WORK ITEM:
Quote exactly the lines running from the line with "some (ip, port)" to the end of the entries, including both, and nothing else.

INPUT:
Segment Open

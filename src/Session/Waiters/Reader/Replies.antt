-- ===== src/Session/Waiters/Reader/Replies.antt =====
-- Answers are delivered once, offers are answered, and one reader runs however often it is enabled.
use outrelay_agent.Base.{
  ℕ, zero, suc, ◌≤◌, ◌<◌, ◌≡◌, refl, ◌∙◌, subst, true, Bool-cases, inl, inr, Option, none, some,
  Option-cases, List, [], ◌∷◌, Text, text_beq, text_beq_iff, ◌⊎◌, nat_eq, arith,
}
use outrelay_agent.Base.Map.{Map, lookup, insert, delete, lookup-insert_self, lookup-delete_self}
use outrelay_agent.Netip.{Addr}
use outrelay_agent.Orp.{PbCandidate, CandidateList}
use outrelay_agent.Session.Waiters.{
  P2pState, enable_p2p, initial, register_answer_waiter, deliver_answer,
}
use outrelay_agent.Session.Waiters.Reader.{Output, punched, punch_target, punch_each, warmup_punch}

module _ (s : P2pState) (m : Map ℕ ℕ) (a : CandidateList) where
  waiting : P2pState
  waiting = record s {
    pending_answers = some (insert a.stream_id s.next_chan m);
    next_chan = suc s.next_chan;
  }

  answered : P2pState
  answered = record s {
    pending_answers = some (delete a.stream_id (insert a.stream_id s.next_chan m));
    next_chan = suc s.next_chan;
    answers = insert s.next_chan a s.answers;
  }

  deliver-waiting : lookup s.next_chan s.answers ≡ none → deliver_answer waiting a ≡ answered
  unfolding waiting answered deliver_answer
  deliver-waiting empty = ground (arith, lookup-insert_self a.stream_id s.next_chan m, empty)

  deliver-answered :
      (b : CandidateList) → b.stream_id ≡ a.stream_id → deliver_answer answered b ≡ answered
  unfolding answered deliver_answer
  deliver-answered b same =
      let gone = lookup-delete_self a.stream_id (insert a.stream_id s.next_chan m) in
      ground (arith, gone, same)

-- The first answer for the stream of a waiter goes into its channel, and a later one for that
-- stream does not change anything.
pub deliver_answer_once :
    (s t : P2pState) (m : Map ℕ ℕ) (a b : CandidateList) (ch : ℕ)
    → s.pending_answers ≡ some m
    → lookup s.next_chan s.answers ≡ none
    → register_answer_waiter s a.stream_id ≡ some (t, ch)
    → b.stream_id ≡ a.stream_id
    → (lookup ch (deliver_answer t a).answers ≡ some a)
      × (deliver_answer (deliver_answer t a) b ≡ deliver_answer t a)
unfolding register_answer_waiter
deliver_answer_once s t m a b ch h empty r same =
    let made : waiting s m a ≡ t = unfold waiting in ground (arith, h) in
    let chan : s.next_chan ≡ ch = ground (arith, h) in
    let first : deliver_answer t a ≡ answered s m a =
      subst (λ x. deliver_answer x a ≡ answered s m a) made (deliver-waiting s m a empty) in
    rw first (
      subst (λ c. lookup c (answered s m a).answers ≡ some a) chan
          (unfold answered in lookup-insert_self s.next_chan a s.answers),
      deliver-answered s m a b same,
    )

pub enable_times : ℕ → P2pState → P2pState
enable_times zero s = s
enable_times (suc n) s = enable_times n (enable_p2p s)

enabled_keeps :
    (n : ℕ) (s : P2pState) → s.p2p_enabled ≡ true → (enable_times n s).readers ≡ s.readers
unfolding enable_times enable_p2p
enabled_keeps zero s h = refl
enabled_keeps (suc n) s h = enabled_keeps n (enable_p2p s) refl ∙ ground arith

-- However often EnableP2P is called on a new session, one reader is started.
pub enable_p2p_once : (n : ℕ) → (enable_times (suc n) initial).readers ≡ 1
unfolding enable_times enable_p2p initial
enable_p2p_once n = enabled_keeps n (enable_p2p initial) refl

-- A candidate that cannot be dialled.
abbrev pub IsUnusable : (Text → Option Addr) → Option PbCandidate → Type 0
IsUnusable parse none = Unit {0}
IsUnusable parse (some d) = (d.ip ≡ []) ⊎ (d.port ≡ 0) ⊎ (0xffff < d.port) ⊎ (parse d.ip ≡ none)

-- One datagram to each usable candidate, in their order, and none to another one.
pub data Punches (parse : Text → Option Addr)
    : List (Option PbCandidate) → List Output → Type 0 where
  none_left : Punches parse [] []
  skipped :
      {c : Option PbCandidate} {cs : List (Option PbCandidate)} {out : List Output}
      → IsUnusable parse c
      → Punches parse cs out
      → Punches parse (c ∷ cs) out
  one :
      {c : Option PbCandidate} {cs : List (Option PbCandidate)} {out : List Output} {ip : Addr}
      {port : ℕ}
      → (d : PbCandidate) → c ≡ some d
      → parse d.ip ≡ some ip
      → d.port ≡ port
      → 1 ≤ port
      → port ≤ 0xffff
      → Punches parse cs out
      → Punches parse (c ∷ cs) (punched ip port ∷ out)

unusable :
    (parse : Text → Option Addr) (c : Option PbCandidate)
    → punch_target parse c ≡ none
    → IsUnusable parse c
unfolding punch_target
unusable parse none e = tt
unusable parse (some d) e = elim (Bool-cases (text_beq d.ip [])) [
  | inl empty ↦ inl ((text_beq_iff d.ip []).0 empty)
  | inr text ↦ elim (Option-cases (parse d.ip)) [
    | inl bad ↦ inr (inr (inr bad))
    | inr (ip, good) ↦ ground (arith, text, good)
  ]
]

target_of :
    (parse : Text → Option Addr) (c : Option PbCandidate) (ip : Addr) (port : ℕ)
    → punch_target parse c ≡ some (ip, port)
    → (d : PbCandidate) × (c ≡ some d)
      × (parse d.ip ≡ some ip)
      × (d.port ≡ port)
      × (1 ≤ port)
      × (port ≤ 0xffff)
unfolding punch_target
target_of parse none ip port e = cc
target_of parse (some d) ip port e = elim (Option-cases (parse d.ip)) [
  | inl bad ↦ absurd (ground arith)
  | inr (x, good) ↦ (d, refl, ground arith, ground arith, ground arith, ground arith)
]

punch_each-Punches :
    (parse : Text → Option Addr) (cs : List (Option PbCandidate))
    → Punches parse cs (punch_each parse cs)
unfolding punch_each
punch_each-Punches parse [] = none_left
punch_each-Punches parse (c ∷ cs) = elim (Option-cases (punch_target parse c)) [
  | inl skip ↦ rw (skip, punch_each) (skipped (unusable parse c skip) (punch_each-Punches parse cs))
  | inr ((ip, port), e) ↦
      let (d, same, read, at_port, low, high) = target_of parse c ip port e in
      rw (e, punch_each) (one d same read at_port low high (punch_each-Punches parse cs))
]

-- On the shared socket the warm-up sends one datagram to each candidate with an address that can be
-- read and a port from 1 to 65535, in order, and none to another.
pub warmup_punch-Punches :
    (parse : Text → Option Addr) (cs : List (Option PbCandidate))
    → Punches parse cs (warmup_punch parse true cs)
unfolding warmup_punch
warmup_punch-Punches parse cs = punch_each-Punches parse cs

Segment Closed

ANSWER TO THE PROBLEM:
    → punch_target parse c ≡ some (ip, port)
    → (d : PbCandidate) × (c ≡ some d)
      × (parse d.ip ≡ some ip)
      × (d.port ≡ port)
      × (1 ≤ port)
      × (port ≤ 0xffff)
unfolding punch_target
target_of parse none ip port e = cc
target_of parse (some d) ip port e = elim (Option-cases (parse d.ip)) [
  | inl bad ↦ absurd (ground arith)
  | inr (x, good) ↦ (d, refl, ground arith, ground arith, ground arith, ground arith)
]

punch_each-Punches :
    (parse : Text → Option Addr) (cs : List (Option PbCandidate))
    → Punches parse cs (punch_each parse cs)
unfolding punch_each
punch_each-Punches parse [] = none_left
punch_each-Punches parse (c ∷ cs) = elim (Option-cases (punch_target parse c)) [
  | inl skip ↦ rw (skip, punch_each) (skipped (unusable parse c skip) (punch_each-Punches parse cs))
  | inr ((ip, port), e) ↦
      let (d, same, read, at_port, low, high) = target_of parse c ip port e in
      rw (e, punch_each) (one d same read at_port low high (punch_each-Punches parse cs))
]

-- On the shared socket the warm-up sends one datagram to each candidate with an address that can be
-- read and a port from 1 to 65535, in order, and none to another.
pub warmup_punch-Punches :
    (parse : Text → Option Addr) (cs : List (Option PbCandidate))
    → Punches parse cs (warmup_punch parse true cs)
unfolding warmup_punch
warmup_punch-Punches parse cs = punch_each-Punches parse cs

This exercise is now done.